Innocent Man Executed

Innocent Jack Marion on the gallows
It’s not unusual, since the development of DNA evidence, to learn that someone sitting on death row is proven to be innocent. In some cases, that’s occurred after the execution takes place. But prosecutors have often offered arguments that just because a convicted murderer’s DNA wasn’t found, it didn’t PROVE that the man wasn’t guilty. Somewhere in that equation, those prosecutors seem to forget that the accused is never required to prove innocence, just a reasonable question as to his guilt.

But in the case of William Jackson Marion’s conviction and execution, no such argument could be made by prosecutors. Marion’s innocence was confirmed four years after his execution, when the man he was convicted of killing, John Cameron, returned to Nebraska. There was no DNA evidence, but there was the live body of the man who was supposed to be dead.

Jack Marion shortly before his execution
It seems that Marion and Cameron were in business together and set out on a trip with both their teams and wagons. But only Marion returned. He told those who inquired that his partner had decided not to return. Some local Nebraskans became suspicious and when, a year later, a skeleton was found on the trail the two men had traveled, the conclusion was soon reached that it was the remains of Cameron and that Marion had murdered him. Marion's conduct didn’t help matter much when he disappeared after learning of the finding of a skeleton. It was ten years before  he was captured and tried.

Jack Marion was tried three times, finally convicted and sentenced to hang fifteen years after his business partner went missing. Nebraska’s governor refused to commute the sentence, even though there was an organized protest against the conviction.

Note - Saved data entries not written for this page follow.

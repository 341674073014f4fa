-- ===== src/Validator/Service/Boot.antt =====
-- validator/service.py: the start of `run`, `_apply_resume_from`, `_bootstrap_state_from_external`
-- and `_rebuild_cooldown_from_history`, up to the first window. What R2, HF and the chain answer
-- are arguments, with `none` for an exception, which is logged.
use subnet.Base.{
  ℕ, ◌+◌, ◌≤◌, max, Bool, true, false, ◌&&◌, Option, none, some, List, [], ◌∷◌, ◌++◌, map,
  if◌then◌else◌, ◌==◌, nat_eq, String, In, pos, ◌≡◌, inl, inr, refl, sym, subst, arith,
}
use subnet.Base.Dict.{Dict}
use subnet.Base.Float.{Float}
use subnet.Base.Text.{codes}
use subnet.Validator.Accepted.{ValidSubmission}
use subnet.Validator.Archive.{ArchivedWindow}
use subnet.Validator.Cooldown.{CooldownMap, rebuild_from_history}
use subnet.Validator.Ema.Replay.{replay_ema}
use subnet.Validator.Server.{ManifestEntry}
use subnet.Validator.Service.{Service, Config}
use subnet.Validator.Service.Steps.{start, Reach}
use subnet.Validator.Service.Spacing.{Spaced}
use subnet.Validator.Service.Spacing.Restart.{archived, sealed-Spaced}

-- What the outside answers: the windows in R2's keys, the titles of HF's commits, the recent
-- archives for the scores and for the cooldown, and the chain's block.
pub record External : Type 0 where
  pub window_keys : Option (List ℕ)
  pub commit_titles : Option (List String)
  pub score_archives : Option (List ArchivedWindow)
  pub cooldown_archives : Option (List ArchivedWindow)
  pub current_block : Option ℕ

-- What `--resume-from` was resolved to: the model, the checkpoint's number and its revision.
pub record Resumed (Model : Type 0) : Type 0 where
  pub model : Model
  pub checkpoint_n : ℕ
  pub revision : String

abbrev pub max_from : ℕ → List ℕ → ℕ
max_from m [] = m
max_from m (w ∷ ws) = max_from (max m w) ws

-- `max(windows)` if there are any; else the number stays 0.
unfoldable pub last_window : Option (List ℕ) → ℕ
last_window none = 0
last_window (some []) = 0
last_window (some (w ∷ ws)) = max_from w ws

abbrev pub starts_with : List ℕ → List ℕ → Bool
starts_with [] text = true
starts_with (c ∷ prefix) [] = false
starts_with (c ∷ prefix) (d ∷ text) = (c == d) && starts_with prefix text

-- `sum(1 for c in commits if c.title.startswith("checkpoint "))`
unfoldable pub count_checkpoints : List String → ℕ
count_checkpoints [] = 0
count_checkpoints (title ∷ titles) =
    (if starts_with (codes "checkpoint ") (codes title) then 1 else 0) + count_checkpoints titles

-- BATCH_PROMPT_COOLDOWN_WINDOWS
abbrev pub cooldown_windows : ℕ
cooldown_windows = 1000000

-- `CooldownMap(cooldown_windows=BATCH_PROMPT_COOLDOWN_WINDOWS)`
abbrev pub empty_cooldown : CooldownMap
empty_cooldown = record { cooldown_windows = cooldown_windows; last_batched = [] }

module _ {F Model : Type 0} (fl : Float F) (config : Config F Model) where
  -- The manifest entry of a resumed checkpoint.
  abbrev pub resumed_entry : Resumed Model → ManifestEntry
  resumed_entry r = record {
    checkpoint_n = r.checkpoint_n;
    repo_id = config.repo_id;
    revision = r.revision;
    signature = config.sign r.checkpoint_n r.revision;
  }

  -- The cooldown map, at the window that the bootstrap found.
  unfoldable pub rebuilt_cooldown : External → CooldownMap
  rebuilt_cooldown e = elim e.cooldown_archives [
    | none ↦ empty_cooldown
    | some archives ↦ rebuild_from_history archives (pos (last_window e.window_keys)) empty_cooldown
  ]

  -- The checkpoint's number: the count of HF's commits, whatever was resumed, unless HF fails.
  unfoldable pub first_checkpoint_n : Option (Resumed Model) → External → ℕ
  first_checkpoint_n resumed e = elim e.commit_titles [
    | some titles ↦ count_checkpoints titles
    | none ↦ elim resumed [ none ↦ 0 | some r ↦ r.checkpoint_n ]
  ]

  unfoldable pub boot : Model → Option (Resumed Model) → External → Service F Model
  boot base resumed e =
      start (elim resumed [ none ↦ base | some r ↦ r.model ]) (rebuilt_cooldown e)
        (last_window e.window_keys) (first_checkpoint_n resumed e)
        (elim e.score_archives [ none ↦ [] | some archives ↦ replay_ema fl archives ])
        (elim resumed [ none ↦ none | some r ↦ some (resumed_entry r) ])
        (elim e.current_block [ none ↦ 0 | some block ↦ block ])

max_le_left : (a b : ℕ) → a ≤ max a b
max_le_left a b = omega arith

max_le_right : (a b : ℕ) → b ≤ max a b
max_le_right a b = omega arith

max_from-le : (m : ℕ) (ws : List ℕ) → m ≤ max_from m ws
max_from-le m [] = omega arith
max_from-le m (w ∷ ws) = omega (arith, max_from-le (max m w) ws, max_le_left m w)

In-max_from : (m w : ℕ) (ws : List ℕ) → In w ws → w ≤ max_from m ws
In-max_from m w [] inside = absurd inside
In-max_from m w (v ∷ ws) (inl e) = omega (arith, e, max_from-le (max m v) ws, max_le_right m v)
In-max_from m w (v ∷ ws) (inr inside) = In-max_from (max m v) w ws inside

last_window-le : (w : ℕ) (keys : List ℕ) → In w keys → w ≤ last_window (some keys)
unfolding last_window
last_window-le w [] inside = absurd inside
last_window-le w (v ∷ keys) (inl e) = omega (arith, e, max_from-le v keys)
last_window-le w (v ∷ keys) (inr inside) = In-max_from v w keys inside

module _ {F Model : Type 0} (fl : Float F) (config : Config F Model) where
  -- A validator that boots with R2 answering: if no prompt is in archived batches less than
  -- `cooldown_windows` windows apart, all of whose windows are among R2's keys, then none is in
  -- the archived batches together with all that this validator seals, whatever it resumed from,
  -- whatever the miners submit and whatever the outside answers from then on; and batches that
  -- share a prompt are of different windows.
  pub boot-Spaced :
      (base : Model) (resumed : Option (Resumed Model)) (e : External) (keys : List ℕ)
      (history : List (ℕ × List (ValidSubmission F)))
      → e.window_keys ≡ some keys
      → e.cooldown_archives ≡ some (map archived history)
      → ((w : ℕ) (batch : List (ValidSubmission F)) → In (w, batch) history → In w keys)
      → Spaced cooldown_windows history
      → {t : Service F Model} → Reach fl config (boot fl config base resumed e) t
      → Spaced cooldown_windows (t.sealed ++ history)
  unfolding boot rebuilt_cooldown
  boot-Spaced base resumed e keys history listed fetched known spaced {t} r =
      let n = last_window e.window_keys in
      let base_model : Model = elim resumed [ none ↦ base | some q ↦ q.model ] in
      let scores : Dict String F = elim e.score_archives [
        | none ↦ []
        | some archives ↦ replay_ema fl archives
      ] in
      let manifest : Option ManifestEntry = elim resumed [
        | none ↦ none
        | some q ↦ some (resumed_entry fl config q)
      ] in
      let block : ℕ = elim e.current_block [ none ↦ 0 | some at ↦ at ] in
      let checkpoint_n = first_checkpoint_n fl config resumed e in
      let rebuilt : rebuilt_cooldown fl config e
          ≡ rebuild_from_history (map archived history) (pos n) empty_cooldown =
        rw (fetched, rebuilt_cooldown) refl in
      sealed-Spaced fl config base_model empty_cooldown history n checkpoint_n scores manifest block
        spaced
        (λ w batch m.
          subst (λ k. w ≤ last_window k) (sym listed) (last_window-le w keys (known w batch m)))
        (subst
          (λ cooldown.
            Reach fl config (start base_model cooldown n checkpoint_n scores manifest block) t)
          rebuilt r)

The McCook Tribune reported on March 31, 1887, under the headline “Paid the price at last,” that the condemned man spoke with a clear, strong voice and without emotion, when asked if he had any final words. “I have made no confession and have none to make,” he said moments before he was hanged.


Four years later, John Cameron returned to Nebraska from Alaska, where he apparently spent the years since leaving Marion along the trail. He was surprised to learn that his former partner had been hanged for his murder and told reporters that he and Marion had not even had harsh words for each other.


Interestingly, there was very limited reporting at the time of Cameron’s return about the unwarranted execution of Jack Marion. Maybe that’s why it took the State of Nebraska another hundred years before they pardoned the innocent man. 

1 comment:

  1. Tragic story. Another "rush to judgement" affair. One hundred years to pardon an innocent man. Unbelievable.